Shared types that would otherwise force a cross-hub edge belong in a light leaf package -- core.* for foundation types, execution.* for execution-trace types -- never reached for by importing up into a heavy hub. Hub __init__ files stay light (config / models / protocols) or empty; implementation is imported from its defining submodule.

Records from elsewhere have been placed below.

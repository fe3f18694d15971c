-- ===== src/Value.antt =====
-- worker/src/parliament_worker/graphrag/store_schema.py: JSON values, labels, clock readings and
-- the refusal of credentials. An object is the list of its fields in the order of the sorted keys
-- that `canonical_json` writes, so that two values have one canonical text when they are equal.
-- Numbers in values are integers.
pub mod Objects
use Prim.Native.Char.{code}
use parliament.Base.{
  ℕ, ◌+◌, String, ◌≡◌, refl, List, [], ◌∷◌, Bool, true, false, ◌&&◌, ◌||◌, not, Option, none, some,
  arith, leb, ◌==◌, if◌then◌else◌, str_eq, str_eq_iff, any, length, Result, ok, err,
  invalid_identifier, invalid_clock, require, str_eq_refl, &&-eq-true, ap, is_nil,
}

pub data ℤ : Type 0 where
  pos : ℕ → ℤ
  negsuc : ℕ → ℤ

mutual
  -- the fields of an object in the order of their keys
  pub data Fields : Type 0 where
    field : String → Value → Fields → Fields
    end : Fields

  pub data Value : Type 0 where
    obj : Fields → Value
    arr : Items → Value
    str : String → Value
    num : ℤ → Value
    bool : Bool → Value
    null : Value

  pub data Items : Type 0 where
    cons : Value → Items → Items
    nil : Items

-- Equality of canonical texts.
abbrev pub same_int : ℤ → ℤ → Bool
same_int (pos a) (pos b) = a == b
same_int (negsuc a) (negsuc b) = a == b
same_int _ _ = false

abbrev pub same_bool : Bool → Bool → Bool
same_bool true true = true
same_bool false false = true
same_bool _ _ = false

unfoldable mutual
  pub same : Value → Value → Bool
  same null null = true
  same (bool a) (bool b) = same_bool a b
  same (num a) (num b) = same_int a b
  same (str a) (str b) = str_eq a b
  same (arr xs) (arr ys) = same_items xs ys
  same (obj xs) (obj ys) = same_fields xs ys
  same _ _ = false

  pub same_items : Items → Items → Bool
  same_items nil nil = true
  same_items (cons x xs) (cons y ys) = same x y && same_items xs ys
  same_items _ _ = false

  pub same_fields : Fields → Fields → Bool
  same_fields end end = true
  same_fields (field k x xs) (field j y ys) = str_eq k j && same x y && same_fields xs ys
  same_fields _ _ = false

mutual
  unfolding same same_items same_fields

  same_refl-value : (v : Value) → same v v ≡ true
  same_refl-value null = refl
  same_refl-value (bool true) = refl
  same_refl-value (bool false) = refl
  same_refl-value (num (pos a)) = ground arith
  same_refl-value (num (negsuc a)) = ground arith
  same_refl-value (str a) = str_eq_refl a
  same_refl-value (arr xs) = same_refl-items xs
  same_refl-value (obj xs) = same_refl-fields xs

  same_refl-items : (v : Items) → same_items v v ≡ true
  same_refl-items nil = refl
  same_refl-items (cons x xs) = ground (arith, same_refl-value x, same_refl-items xs)

  same_refl-fields : (v : Fields) → same_fields v v ≡ true
  same_refl-fields end = refl
  same_refl-fields (field k x xs) =
      ground (arith, str_eq_refl k, same_refl-value x, same_refl-fields xs)

mutual
  unfolding same same_items same_fields

  same_sound : (v w : Value) → same v w ≡ true → v ≡ w
  same_sound null null h = refl
  same_sound (bool a) (bool b) h = ground arith
  same_sound (num a) (num b) h = ground arith
  same_sound (str a) (str b) h = ap str ((str_eq_iff a b).0 h)
  same_sound (arr xs) (arr ys) h = ap arr (same_items_sound xs ys h)
  same_sound (obj xs) (obj ys) h = ap obj (same_fields_sound xs ys h)
  same_sound _ _ h = cc

  same_items_sound : (v w : Items) → same_items v w ≡ true → v ≡ w
  same_items_sound nil nil h = refl
  same_items_sound (cons x xs) (cons y ys) h =
      let (p, q) = &&-eq-true (same x y) (same_items xs ys) h in
      cc (same_sound x y p, same_items_sound xs ys q)
  same_items_sound _ _ h = cc

  same_fields_sound : (v w : Fields) → same_fields v w ≡ true → v ≡ w
  same_fields_sound end end h = refl
  same_fields_sound (field k x xs) (field j y ys) h =
      let (kp, q) = &&-eq-true (str_eq k j && same x y) (same_fields xs ys) h in
      let (k', p) = &&-eq-true (str_eq k j) (same x y) kp in
      cc ((str_eq_iff k j).0 k', same_sound x y p, same_fields_sound xs ys q)
  same_fields_sound _ _ h = cc

pub same_refl : (v : Value) → same v v ≡ true
same_refl v = same_refl-value v

pub eq_of_same : (v w : Value) → same v w ≡ true → v ≡ w
eq_of_same v w h = same_sound v w h

pub eq_of_same_fields : (v w : Fields) → same_fields v w ≡ true → v ≡ w
eq_of_same_fields v w h = same_fields_sound v w h

pub same_fields_refl : (v : Fields) → same_fields v v ≡ true
same_fields_refl v = same_refl-fields v

mutual
  pub plain : Value → Value
  plain (bool true) = num (pos 1)
  plain (bool false) = num (pos 0)
  plain (arr xs) = arr (plain_items xs)
  plain (obj xs) = obj (plain_fields xs)
  plain v = v

  pub plain_items : Items → Items
  plain_items nil = nil
  plain_items (cons x xs) = cons (plain x) (plain_items xs)

  pub plain_fields : Fields → Fields
  plain_fields end = end
  plain_fields (field k x xs) = field k (plain x) (plain_fields xs)

-- Python's `==` of decoded values, where True is 1 and False is 0, at any depth
unfoldable pub equals : Value → Value → Bool
unfolding plain same
equals v w = same (plain v) (plain w)

pub plain_of_equals : (v w : Value) → equals v w ≡ true → plain v ≡ plain w
unfolding equals
plain_of_equals v w h = same_sound (plain v) (plain w) h

-- `value.get(key)`
unfoldable pub get : String → Fields → Option Value
get k end = none
get k (field j v fs) = if str_eq j k then some v else get k fs

-- `isinstance(x, str)` at an optional value
abbrev pub is_str : Option Value → Bool
is_str (some (str s)) = true
is_str _ = false

abbrev pub codes : String → List ℕ
codes String.[] = []
codes (String.◌∷◌ c s) = code c ∷ codes s

-- validate_label: a text of 1 to 4096 characters, none of them NUL
unfoldable pub label_valid : String → Bool
label_valid s =
    let cs = codes s in not (is_nil cs) && leb (length cs) 4096 && not (any (λ c. c == 0) cs)

unfoldable pub validate_label : String → Result (Unit {0})
validate_label s = require (label_valid s) invalid_identifier

-- A float handed in as a time: ticks from the epoch, a time before it, or an infinity or NaN.
pub data Reading : Type 0 where
  ticks : ℕ → Reading
  negative : ℕ → Reading
  not_finite : Reading

-- store_clock: the given reading if it is finite and not negative, else `time.time()`
unfoldable pub store_clock : ℕ → Option Reading → Result ℕ
store_clock time none = ok time
store_clock time (some (ticks n)) = ok n
store_clock time (some _) = err invalid_clock

-- `str.lower` as far as it can produce one of the forbidden ASCII words: the capitals, and the
-- Kelvin sign.
lower : ℕ → ℕ
lower c = if leb 65 c && leb c 90 then c + 32 else if c == 0x212A then 107 else c

-- `.replace("_", "").replace("-", "")`
is_separator : ℕ → Bool
is_separator c = c == 95 || c == 45

normalized : List ℕ → List ℕ
unfolding lower is_separator
normalized [] = []
normalized (c ∷ cs) = if is_separator (lower c) then normalized cs else lower c ∷ normalized cs

same_codes : List ℕ → List ℕ → Bool
same_codes [] [] = true
same_codes (a ∷ xs) (b ∷ ys) = a == b && same_codes xs ys
same_codes _ _ = false

unfoldable pub forbidden_key : String → Bool
unfolding normalized same_codes
forbidden_key k =
    any (λ w. same_codes (normalized (codes k)) (codes w))
      ("authorization" ∷ "apikey" ∷ "accesstoken" ∷ "inferencetoken" ∷ "factorytoken" ∷ [])

-- reject_credentials: does the value hold a field of a forbidden name, at any depth?
unfoldable mutual
  unfolding forbidden_key

  pub has_credentials : Value → Bool
  has_credentials (arr xs) = has_credentials_items xs
  has_credentials (obj fs) = has_credentials_fields fs
  has_credentials _ = false

  pub has_credentials_items : Items → Bool
  has_credentials_items nil = false
  has_credentials_items (cons x xs) = has_credentials x || has_credentials_items xs

  pub has_credentials_fields : Fields → Bool
  has_credentials_fields end = false
  has_credentials_fields (field k v fs) =
      forbidden_key k || has_credentials v || has_credentials_fields fs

Applying this rule, the dependency-free leaves pinned in COLD_IMPORT_LEAVES now include, beyond the three original cuts: core.completion_enums (FinishReason, out of the providers hub so budget.cost_record no longer re-enters it), core.effective_autonomy and core.redteam_review_input (resolved-autonomy and red-team gate-input value objects out of the heavy security package), and core.approval. New dependency-free core.* / execution.* types are added to the same tuple as they appear.

Regression guard

The primary guard is a runtime cold-import smoke test, tests/unit/test_cold_import.py: each leaf in COLD_IMPORT_LEAVES is imported in its own freshly spawned interpreter via subprocess, the only faithful way to assert a cold import (within pytest the graph is already primed). A secondary, documentation-grade backstop extends .importlinter: core-is-foundation now also forbids core reaching up into tools, providers, communication, budget, and config; a new execution-is-a-leaf contract forbids execution reaching up into engine, api, workers, or meta. The smoke test exists precisely because these contracts cannot see init-side-effect cycles.

Consequences

  • The two acceptance leaves and evals import cold; the import synthorg.persistence prime in evals/__main__.py was removed.
  • The forward chain providers -> budget -> security -> engine -> communication -> persistence stays heavy but is now acyclic. Heaviness is not the bug; the cycle was. We did not lazify the hubs (rejected: it fights mypy-strict, the explicit __all__ contracts, and engine's registry side effects).
  • Emptying the hub inits means importing an arbitrary leaf no longer drags the rest of the graph in a known-good order. The test process therefore keeps an explicit graph prime, repointed from the now-empty persistence init to import synthorg.api.app in tests/conftest.py (the real entry point, which loads every hub in a proven order). This primes the test process only; production leaf entry points are genuinely cold-safe, which the subprocess-isolated smoke test verifies. Only the evals prime was removed; the test-conftest prime is preserved by design (the issue scopes its removal to evals).

Scope notes

This change is broader than the three cuts in isolation, and intentionally so:

  • Hub inits leaned: providers/management, config, persistence, budget, and the conflict_resolution/escalation init, in addition to the three relocations. Each was load-bearing for the acceptance cold imports.
  • engine/__init__ deliberately left heavy. engine builds dispatch registries at import of the modules it eagerly pulls (execution_loop, conflict_detector, etc.). Making that lazy risks "registry empty" runtime bugs that an import smoke test would not catch. The leaf relocation (Cut C) removes the need to touch engine's init.

Out of scope

  • The communication <-> engine cycle (via communication.meeting._prompts -> engine.prompt_safety) is a separate, unnamed cycle. communication.config consequently does not yet import cold and is intentionally absent from COLD_IMPORT_LEAVES. Breaking it would require leaning engine's init (see above). config.schema importing cold already discharges the named config.schema <-> communication.config acceptance cycle.
  • Broad hub lazification (PEP 562 __getattr__ across the heavy package inits) remains a larger refactor out of scope here. Targeted single-module lazification is the documented exception: synthorg.approval.__init__ lazily exports ApprovalStoreProtocol (mirroring synthorg.ontology) so importing the approval.enums / approval.models leaves does not eagerly pull approval.protocol -> core.approval and close that package-init cycle.